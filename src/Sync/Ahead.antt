-- ===== src/Sync/Ahead.antt =====
-- The steps that change the two states of a pool, and that the optimistic state is never behind the
-- confirmed one.
use zeropool_relayer.Base.{
  ℕ, zero, suc, ◌+◌, ◌-◌, ◌*◌, ◌/◌, ◌≤◌, ◌≡◌, refl, Text, List, [], ◌∷◌, ◌++◌, codes, Option, none,
  some, ok, ltb, max, arith, Bool-cases, Option-cases, List-cases, Outcome-cases, inl, inr,
  >>=-eq-ok,
}
use zeropool_relayer.Helpers.Hex.{build_prefixed_memo}
use zeropool_relayer.Numerals.{Numerals}
use zeropool_relayer.Pool.Default.Sending.{on_send, on_confirmed, on_failed}
use zeropool_relayer.Pool.Types.{ProcessResult}
use zeropool_relayer.State.Services.{Storage, RedisSet}
use zeropool_relayer.State.PoolState.{
  PoolState, update_state, add_commitment, add_tx, get_next_index, get_db_tx, wipe,
}
use zeropool_relayer.State.Rollback.{clear_optimistic_state_lem}
use zeropool_relayer.Sync.{
  BasePool, Chain, Target, optimistic_only, both_states, update_states, save_nullifier,
  add_tx_to_state, find_tx, copy_txs, stored_commit, propagate_to, propagate_optimistic_state,
}
use zeropool_relayer.Sync.Rounds.{Sources, IndexerTx, add_page, wipe_all}

module _ (num : Numerals) (st : Storage) (r : RedisSet) (chain : Chain) (sources : Sources) where
  -- What changes the states: a transaction is sent; one that the optimistic state holds is confirmed;
  -- one fails; a page of the indexer and a transaction of the contract are added; both are wiped.
  pub data Step (p : BasePool st r) : BasePool st r → Type 0 where
    sent :
        (result : ProcessResult) (tx_hash : Text)
        → Step p (record p { optimistic = on_send num st r p.optimistic result tx_hash })
    confirmed :
        (result : ProcessResult) (tx_hash : Text)
        → result.commit_index * 128 + 128 ≤ get_next_index st r p.optimistic
        → Step p (record p {
          state = (on_confirmed num st r p.state p.optimistic result tx_hash).0;
          optimistic = (on_confirmed num st r p.state p.optimistic result tx_hash).1;
        })
    failed : Step p (record p { optimistic = on_failed num st r p.optimistic p.state })
    page : (txs : List IndexerTx) (i : ℕ) → Step p (add_page num st r chain sources txs i p)
    event :
        (tx_hash message : Text) (index block : ℕ) (target : Target) (q : BasePool st r)
        → add_tx_to_state num st r chain tx_hash index message target block p ≡ ok q
        → Step p q
    propagated :
        (hex_to_number : Text → ℕ) (index block : ℕ)
        → Step p (propagate_optimistic_state num st r hex_to_number index block p).0
    wiped : Step p (wipe_all num st r chain sources p)

  pub data Reach (p : BasePool st r) : BasePool st r → Type 0 where
    start : Reach p p
    next : {q s : BasePool st r} → Reach p q → Step q s → Reach p s

  abbrev pub IsAhead : BasePool st r → Type 0
  IsAhead p = get_next_index st r p.state ≤ get_next_index st r p.optimistic

  next-add_commitment :
      (s : PoolState st r) (i : ℕ) (commit : Text)
      → get_next_index st r (add_commitment st r s i commit)
        ≡ max (get_next_index st r s) (i * 128 + 128)
  unfolding get_next_index add_commitment
  next-add_commitment s i commit = st.add_commitment_next s.tree i commit

  ok-injective : {x y : BasePool st r} → ok x ≡ ok y → x ≡ y
  ok-injective e = cc

  next-update_state :
      (s : PoolState st r) (i : ℕ) (commit tx : Text)
      → get_next_index st r (update_state st r s i commit tx)
        ≡ max (get_next_index st r s) (i * 128 + 128)
  unfolding get_next_index update_state add_tx add_commitment
  next-update_state s i commit tx = st.add_commitment_next s.tree i commit

  add_page-IsAhead :
      (txs : List IndexerTx) (i : ℕ) (p : BasePool st r)
      → IsAhead p
      → IsAhead (add_page num st r chain sources txs i p)
  unfolding add_page
  add_page-IsAhead [] i p h = h
  add_page-IsAhead (tx ∷ txs) i p h =
      let commit = num.to_dec (chain.hex_to_number (codes "0x" ++ tx.commitment)) in
      let o = next-add_commitment p.optimistic i commit in
      let s = next-add_commitment p.state i commit in
      elim (Bool-cases tx.is_mined) [
        | inl e ↦ rw e (add_page-IsAhead txs (suc i) _ (omega (arith, o, s, h)))
        | inr e ↦ rw e (add_page-IsAhead txs (suc i) _ (omega (arith, o, s, h)))
      ]

  update_states-IsAhead :
      (target : Target) (i : ℕ) (commit memo : Text) (block : ℕ) (n : Option Text)
      (p : BasePool st r)
      → IsAhead p
      → IsAhead
          (update_states num st r target i commit memo (save_nullifier num st r target block n p))
  unfolding update_states save_nullifier get_next_index
  update_states-IsAhead optimistic_only i commit memo block n p h =
      omega (arith, h, next-update_state p.optimistic i commit memo)
  update_states-IsAhead both_states i commit memo block none p h = omega (
    arith,
    h,
    next-update_state p.optimistic i commit memo,
    next-update_state p.state i commit memo,
  )
  update_states-IsAhead both_states i commit memo block (some n) p h =
      omega
        (arith, h, next-update_state p.optimistic i commit memo, next-update_state _ i commit memo)

  next-on_send :
      (o : PoolState st r) (result : ProcessResult) (tx_hash : Text)
      → get_next_index st r (on_send num st r o result tx_hash)
        ≡ max (get_next_index st r o) (result.commit_index * 128 + 128)
  unfolding on_send get_next_index
  next-on_send o result tx_hash =
      next-update_state o result.commit_index result.out_commit
        (build_prefixed_memo num result.out_commit tx_hash result.memo)

  next-on_confirmed :
      (s o : PoolState st r) (result : ProcessResult) (tx_hash : Text)
      → (get_next_index st r (on_confirmed num st r s o result tx_hash).0
          ≡ max (get_next_index st r s) (result.commit_index * 128 + 128))
        × (get_next_index st r (on_confirmed num st r s o result tx_hash).1 ≡ get_next_index st r o)
  unfolding on_confirmed get_next_index add_tx
  next-on_confirmed s o result tx_hash = (
    next-update_state s result.commit_index result.out_commit
        (build_prefixed_memo num result.out_commit tx_hash result.memo),
    refl,
  )

  next-copy_txs_le :
      (hex_to_number : Text → ℕ) (o : PoolState st r) (count i : ℕ) (s : PoolState st r)
      → get_next_index st r (copy_txs num st r hex_to_number o count i s).0
        ≤ max (get_next_index st r s) ((i + count) * 128)
  unfolding copy_txs
  next-copy_txs_le hex_to_number o zero i s = omega arith
  next-copy_txs_le hex_to_number o (suc count) i s =
      elim (Option-cases (get_db_tx st r o (i * 128))) [
        | inl e ↦ rw (e, copy_txs) (omega arith)
        | inr (tx, e) ↦ elim (List-cases tx) [
          | inl f ↦ rw (e, f, copy_txs) (omega arith)
          | inr (c, t, f) ↦
              let commit = stored_commit num hex_to_number (c ∷ t) in
              rw (e, f, copy_txs)
                (omega (
                  arith,
                  next-copy_txs_le hex_to_number o count (suc i)
                      (update_state st r s i commit (c ∷ t)),
                  next-update_state s i commit (c ∷ t),
                ))
        ]
      ]

  propagate_to-IsAhead :
      (hex_to_number : Text → ℕ) (index block : ℕ) (p : BasePool st r)
      → IsAhead p
      → IsAhead (propagate_to num st r hex_to_number index block p).0
  unfolding propagate_to
  propagate_to-IsAhead hex_to_number index block p h =
      let si = get_next_index st r p.state / 128 in
      let result = copy_txs num st r hex_to_number p.optimistic (index - si) si p.state in
      let bound = next-copy_txs_le hex_to_number p.optimistic (index - si) si p.state in
      elim (Bool-cases (ltb (get_next_index st r p.optimistic / 128) index)) [
        | inl e ↦ rw (e, propagate_to) h
        | inr e ↦
            let reached : index ≤ get_next_index st r p.optimistic / 128 = ground arith in
            let within : get_next_index st r result.0 ≤ get_next_index st r p.optimistic =
              omega (arith, bound, reached, h) in
            elim (Outcome-cases result.1) [
              | inl (u, f) ↦ rw (e, f, propagate_to) within
              | inr (x, f) ↦ rw (e, f, propagate_to) within
            ]
      ]

  add_tx_to_state-IsAhead :
      (tx_hash message : Text) (index block : ℕ) (target : Target) (p q : BasePool st r)
      → add_tx_to_state num st r chain tx_hash index message target block p ≡ ok q
      → IsAhead p
      → IsAhead q
  unfolding add_tx_to_state
  add_tx_to_state-IsAhead tx_hash message index block target p q e h =
      let (input, at_input, e1) = >>=-eq-ok (chain.get_tx_calldata tx_hash) _ e in
      let (found, at_found, e2) = >>=-eq-ok (find_tx num chain message input) _ e1 in
      rw (← ok-injective e2) (
        update_states-IsAhead target ((index - 128) / 128) found.out_commit
          (build_prefixed_memo num found.out_commit tx_hash found.memo) block found.nullifier p h)

  wipe_all-IsAhead : (p : BasePool st r) → IsAhead (wipe_all num st r chain sources p)
  unfolding wipe_all wipe get_next_index
  wipe_all-IsAhead p = omega (arith, st.wipe_next p.state.tree, st.wipe_next p.optimistic.tree)

  Step-IsAhead : {p q : BasePool st r} → Step p q → IsAhead p → IsAhead q
  Step-IsAhead {p} (sent result tx_hash) h =
      omega (arith, h, next-on_send p.optimistic result tx_hash)
  Step-IsAhead {p} (confirmed result tx_hash low) h =
      let (s, o) = next-on_confirmed p.state p.optimistic result tx_hash in
      omega (arith, h, low, s, o)
  Step-IsAhead {p} failed h =
      let (level, cleared) = clear_optimistic_state_lem st r p.optimistic p.state [] h in
      unfold on_failed in omega (arith, level)
  Step-IsAhead (page txs i) h = add_page-IsAhead txs i _ h
  Step-IsAhead (event tx_hash message index block target q e) h =
      add_tx_to_state-IsAhead tx_hash message index block target _ q e h
  Step-IsAhead (propagated hex_to_number index block) h =
      unfold propagate_optimistic_state in
      propagate_to-IsAhead hex_to_number (index / 128) block _ h
  Step-IsAhead wiped h = wipe_all-IsAhead _

  -- The optimistic state is never behind the confirmed one, in every state that a pool reaches from one
  -- where it is not behind: by sending, confirming, a failure, a page of the indexer, a transaction of
  -- the contract, a propagation, or wiping, where a confirmed transaction is one that the optimistic
  -- state still holds.
  pub Reach-IsAhead : {p q : BasePool st r} → IsAhead p → Reach p q → IsAhead q
  Reach-IsAhead h start = h
  Reach-IsAhead h (next path step) = Step-IsAhead step (Reach-IsAhead h path)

--*--

WHAT YOU HAVE TO DO: Only one stretch of the entries above is wanted: the lines from the one containing "o) (result.commit_index * 128 + 128)" through the one containing "let si = get_next_index". Please reproduce it exactly.

EXERCISE SOLUTION:
        ≡ max (get_next_index st r o) (result.commit_index * 128 + 128)
  unfolding on_send get_next_index
  next-on_send o result tx_hash =
      next-update_state o result.commit_index result.out_commit
        (build_prefixed_memo num result.out_commit tx_hash result.memo)

  next-on_confirmed :
      (s o : PoolState st r) (result : ProcessResult) (tx_hash : Text)
      → (get_next_index st r (on_confirmed num st r s o result tx_hash).0
          ≡ max (get_next_index st r s) (result.commit_index * 128 + 128))
        × (get_next_index st r (on_confirmed num st r s o result tx_hash).1 ≡ get_next_index st r o)
  unfolding on_confirmed get_next_index add_tx
  next-on_confirmed s o result tx_hash = (
    next-update_state s result.commit_index result.out_commit
        (build_prefixed_memo num result.out_commit tx_hash result.memo),
    refl,
  )

  next-copy_txs_le :
      (hex_to_number : Text → ℕ) (o : PoolState st r) (count i : ℕ) (s : PoolState st r)
      → get_next_index st r (copy_txs num st r hex_to_number o count i s).0
        ≤ max (get_next_index st r s) ((i + count) * 128)
  unfolding copy_txs
  next-copy_txs_le hex_to_number o zero i s = omega arith
  next-copy_txs_le hex_to_number o (suc count) i s =
      elim (Option-cases (get_db_tx st r o (i * 128))) [
        | inl e ↦ rw (e, copy_txs) (omega arith)
        | inr (tx, e) ↦ elim (List-cases tx) [
          | inl f ↦ rw (e, f, copy_txs) (omega arith)
          | inr (c, t, f) ↦
              let commit = stored_commit num hex_to_number (c ∷ t) in
              rw (e, f, copy_txs)
                (omega (
                  arith,
                  next-copy_txs_le hex_to_number o count (suc i)
                      (update_state st r s i commit (c ∷ t)),
                  next-update_state s i commit (c ∷ t),
                ))
        ]
      ]

  propagate_to-IsAhead :
      (hex_to_number : Text → ℕ) (index block : ℕ) (p : BasePool st r)
      → IsAhead p
      → IsAhead (propagate_to num st r hex_to_number index block p).0
  unfolding propagate_to
  propagate_to-IsAhead hex_to_number index block p h =
      let si = get_next_index st r p.state / 128 in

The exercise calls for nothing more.